Motto:

"There are none so blind as those who will not see." --

Saturday, December 10, 2011

A follow up on "An uncontroversial instance of moral knowledge?"

In this post I’m going to refine the position I advanced in my previous post, “An uncontroversial instance of moral knowledge?”. In that post I said,

No matter what else one may think about which actions—or types of action—are wrong, one must hold that if someone performs any action which they believe to be wrong they have acted wrongly. And if we know that anything is wrong, we know that doing something which one believes to be wrong is wrong.

This passage is ambiguous: It could be read as saying that if one believes some (particular) action A to be wrong but does A anyway, then A itself is a wrong action. But it could also be read as saying that if one believes some (particular) action A to be wrong but does A anyway then one has acted wrongly, even if A itself is not wrong. Since I wrote this passage a while ago I can’t be sure what exactly I had in mind, although I suspect I wasn’t thinking carefully enough to notice the difference. However, I now think that the second reading is more plausible, because of cases like the following.

Suppose Jones has been raised by parents who are ethical egoists, and has been taught that one should never act to help others unless it is one’s own interest to do so, except in a situation where helping someone else and not helping them would have precisely the same consequences for one’s own well being, in which case it is permissible to help that person and also permissible not to do so. Suppose that one day Jones spies a beggar on the street, and that Jones, moved by pity, gives the beggar some money that he would otherwise have used to buy his lunch. Nevertheless, in spite of his feelings, Jones still believed while he was acting that he shouldn’t help the beggar because in doing so he made himself (mildly) worse off by skipping lunch. 

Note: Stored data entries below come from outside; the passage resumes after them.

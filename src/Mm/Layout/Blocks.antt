-- ===== src/Mm/Layout/Blocks.antt =====
-- Where the blocks of a list stand.
use computer_systems_project.Base.{
  ℕ, ◌+◌, ◌-◌, ◌*◌, ◌%◌, ◌<◌, ◌≤◌, ◌≡◌, ◌≢◌, refl, sym, ap, subst, ◌∙◌, ◌⊎◌, inl, inr, Bool, false,
  ◌==◌, if◌then◌else◌, List, [], ◌∷◌, ◌++◌, arith,
}
use computer_systems_project.Mm.{Memory, min_block_size, extract_size}
use computer_systems_project.Mm.Words.{Says}
use computer_systems_project.Mm.Layout.{
  Block, end_of, min_after, alloc_after, Holds, Part, At, count_listed,
}

pub end_of-append : (p : ℕ) (xs ys : List Block) → end_of p (xs ++ ys) ≡ end_of (end_of p xs) ys
end_of-append p [] ys = refl
end_of-append p (b ∷ bs) ys = end_of-append (p + b.size) bs ys

pub min_after-append :
    (pm : Bool) (xs ys : List Block) → min_after pm (xs ++ ys) ≡ min_after (min_after pm xs) ys
min_after-append pm [] ys = refl
min_after-append pm (b ∷ bs) ys = min_after-append (b.size == min_block_size) bs ys

pub alloc_after-append :
    (pa : Bool) (xs ys : List Block)
    → alloc_after pa (xs ++ ys) ≡ alloc_after (alloc_after pa xs) ys
alloc_after-append pa [] ys = refl
alloc_after-append pa (b ∷ bs) ys = alloc_after-append b.alloc bs ys

pub end_of-ge : (p : ℕ) (bs : List Block) → p ≤ end_of p bs
end_of-ge p [] = omega arith
end_of-ge p (b ∷ bs) = omega (arith, end_of-ge (p + b.size) bs)

pub Part-split :
    (mem : Memory) (p : ℕ) (pm pa : Bool) (xs ys : List Block)
    → Part mem p pm pa (xs ++ ys)
    → Part mem p pm pa xs × Part mem (end_of p xs) (min_after pm xs) (alloc_after pa xs) ys
Part-split mem p pm pa [] ys h = (tt, h)
Part-split mem p pm pa (b ∷ bs) ys h =
    let r = Part-split mem (p + b.size) (b.size == min_block_size) b.alloc bs ys h.1 in
    ((h.0, r.0), r.1)

pub Part-join :
    (mem : Memory) (p : ℕ) (pm pa : Bool) (xs ys : List Block)
    → Part mem p pm pa xs
    → Part mem (end_of p xs) (min_after pm xs) (alloc_after pa xs) ys
    → Part mem p pm pa (xs ++ ys)
Part-join mem p pm pa [] ys h k = k
Part-join mem p pm pa (b ∷ bs) ys h k =
    (h.0, Part-join mem (p + b.size) (b.size == min_block_size) b.alloc bs ys h.1 k)

-- Positions in a list that is put together.
pub At-left : (p : ℕ) (xs ys : List Block) (x : ℕ) (a : Block) → At p xs x a → At p (xs ++ ys) x a
At-left p [] ys x a h = absurd h
At-left p (b ∷ bs) ys x a (inl e) = inl e
At-left p (b ∷ bs) ys x a (inr h) = inr (At-left (p + b.size) bs ys x a h)

pub At-right :
    (p : ℕ) (xs ys : List Block) (x : ℕ) (a : Block) → At (end_of p xs) ys x a → At p (xs ++ ys) x a
At-right p [] ys x a h = h
At-right p (b ∷ bs) ys x a h = inr (At-right (p + b.size) bs ys x a h)

pub At-split :
    (p : ℕ) (xs ys : List Block) (x : ℕ) (a : Block)
    → At p (xs ++ ys) x a
    → At p xs x a ⊎ At (end_of p xs) ys x a
At-split p [] ys x a h = inr h
At-split p (b ∷ bs) ys x a (inl e) = inl (inl e)
At-split p (b ∷ bs) ys x a (inr h) = elim (At-split (p + b.size) bs ys x a h) [
  | inl l ↦ inl (inr l)
  | inr r ↦ inr r
]

pub At-middle : (p : ℕ) (xs ys : List Block) (b : Block) → At p (xs ++ b ∷ ys) (end_of p xs) b
At-middle p xs ys b = At-right p xs (b ∷ ys) (end_of p xs) b (inl (refl, refl))

-- A block lies between the first address and the end.
pub At-within :
    (p : ℕ) (bs : List Block) (x : ℕ) (a : Block)
    → At p bs x a
    → (p ≤ x) × (x + a.size ≤ end_of p bs)
At-within p [] x a h = absurd h
At-within p (b ∷ bs) x a (inl e) =
    let here : a.size ≡ b.size = ap (λ (t : Block). t.size) e.1 in
    (omega (arith, e.0), omega (arith, e.0, here, end_of-ge (p + b.size) bs))
At-within p (b ∷ bs) x a (inr h) =
    let r = At-within (p + b.size) bs x a h in (omega (arith, r.0), r.1)

-- What is known of a block at an address.
pub record HoldsAt (mem : Memory) (x : ℕ) (a : Block) : Type 0 where
  pub pm : Bool
  pub pa : Bool
  pub holds : Holds mem x pm pa a
  pub residue : x % 16 ≡ 8

pub At-HoldsAt :
    (mem : Memory) (p : ℕ) (pm pa : Bool) (bs : List Block) (x : ℕ) (a : Block)
    → p % 16 ≡ 8
    → Part mem p pm pa bs
    → At p bs x a
    → HoldsAt mem x a
At-HoldsAt mem p pm pa [] x a al h at = absurd at
At-HoldsAt mem p pm pa (b ∷ bs) x a al h (inl e) =
    subst (λ (t : Block). HoldsAt mem x t) (sym e.1)
      (subst (λ t. HoldsAt mem t b) (sym e.0)
        (record { pm = pm; pa = pa; holds = h.0; residue = al }))
At-HoldsAt mem p pm pa (b ∷ bs) x a al h (inr at) =
    let aligned = h.0.aligned in
    At-HoldsAt mem (p + b.size) (b.size == min_block_size) b.alloc bs x a
      (omega (arith, al, aligned)) h.1 at

-- Two blocks are the same or lie apart.
abbrev pub Apart : ℕ → Block → ℕ → Block → Type 0
Apart x a y b = ((x ≡ y) × (a ≡ b)) ⊎ ((x + a.size ≤ y) ⊎ (y + b.size ≤ x))

pub At-Apart :
    (p : ℕ) (bs : List Block) (x y : ℕ) (a b : Block) → At p bs x a → At p bs y b → Apart x a y b
At-Apart p [] x y a b h k = absurd h
At-Apart p (c ∷ bs) x y a b (inl e) (inl f) = inl (e.0 ∙ sym f.0, e.1 ∙ sym f.1)
At-Apart p (c ∷ bs) x y a b (inl e) (inr k) =
    let here : a.size ≡ c.size = ap (λ (t : Block). t.size) e.1 in
    let w = At-within (p + c.size) bs y b k in inr (inl (omega (arith, e.0, here, w.0)))
At-Apart p (c ∷ bs) x y a b (inr h) (inl f) =
    let here : b.size ≡ c.size = ap (λ (t : Block). t.size) f.1 in
    let w = At-within (p + c.size) bs x a h in inr (inr (omega (arith, f.0, here, w.0)))
At-Apart p (c ∷ bs) x y a b (inr h) (inr k) = At-Apart (p + c.size) bs x y a b h k

-- Other memory in which headers and footers are the same.
pub Part-agree :
    (mem mem' : Memory) (p : ℕ) (pm pa : Bool) (bs : List Block)
    → ((x : ℕ) (a : Block)
        → At p bs x a
        → (mem' x ≡ mem x)
          × (a.alloc ≡ false
              → min_block_size < a.size
              → mem' (x + a.size - 8) ≡ mem (x + a.size - 8)))
    → Part mem p pm pa bs
    → Part mem' p pm pa bs
Part-agree mem mem' p pm pa [] same h = tt
Part-agree mem mem' p pm pa (b ∷ bs) same h =
    let here = same p b (inl (refl, refl)) in
    (
      (record {
        aligned = h.0.aligned;
        least = h.0.least;
        header = subst (λ w. Says w b.size pm pa b.alloc) (sym here.0) h.0.header;
        footer = λ f g. ap extract_size (here.1 f g) ∙ h.0.footer f g;
        free = h.0.free;
      }),
      Part-agree mem mem' (p + b.size) (b.size == min_block_size) b.alloc bs
          (λ x a at. same x a (inr at)) h.1,
    )

-- A block in place of another of the same size: the blocks at other addresses stay.
pub At-replace :
    (p : ℕ) (xs ys : List Block) (b b' : Block) (x : ℕ) (a : Block)
    → b'.size ≡ b.size
    → x ≢ end_of p xs
    → At p (xs ++ b ∷ ys) x a
    → At p (xs ++ b' ∷ ys) x a
At-replace p [] ys b b' x a e other (inl f) = absurd (other f.0)
At-replace p [] ys b b' x a e other (inr h) = inr (subst (λ n. At (p + n) ys x a) (sym e) h)
At-replace p (c ∷ xs) ys b b' x a e other (inl f) = inl f
At-replace p (c ∷ xs) ys b b' x a e other (inr h) =
    inr (At-replace (p + c.size) xs ys b b' x a e other h)

pub count_listed-append :
    (xs ys : List Block) → count_listed (xs ++ ys) ≡ count_listed xs + count_listed ys
count_listed-append [] ys = omega arith
count_listed-append (b ∷ bs) ys = omega (arith, count_listed-append bs ys)

-- Every block takes at least 16 bytes.
pub count_listed-le :
    (mem : Memory) (p : ℕ) (pm pa : Bool) (bs : List Block)
    → Part mem p pm pa bs
    → p + 16 * count_listed bs ≤ end_of p bs
count_listed-le mem p pm pa [] h = omega arith
count_listed-le mem p pm pa (b ∷ bs) h =
    let least = h.0.least in
    let one : (if b.listed then 1 else 0) ≤ 1 = ground arith in
    omega (
      arith,
      least,
      one,
      count_listed-le mem (p + b.size) (b.size == min_block_size) b.alloc bs h.1,
    )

In a case such as this, I find it intuitive to think that Jones’ action of helping the beggar was not wrong, but permissible or perhaps even obligatory. In spite of that, I think it is still at least plausible to hold that Jones did something wrong. For even if an action A is not wrong, it does not follow that in doing A one has not acted wrongly. For instance, by moving one’s finger in a certain way one may thereby also flip a switch and thereby turn the lights on. Similarly,  by doing A  one may also perform another action—call it ‘e’—namely violating one’s conscience, and it might be that e is wrong because it is always wrong to violate one’s conscience. However good it may have been for Jones to give his lunch money to the beggar, it would have been better still if Jones had thought that by giving away his money he was doing the right thing, or a least a permissible thing.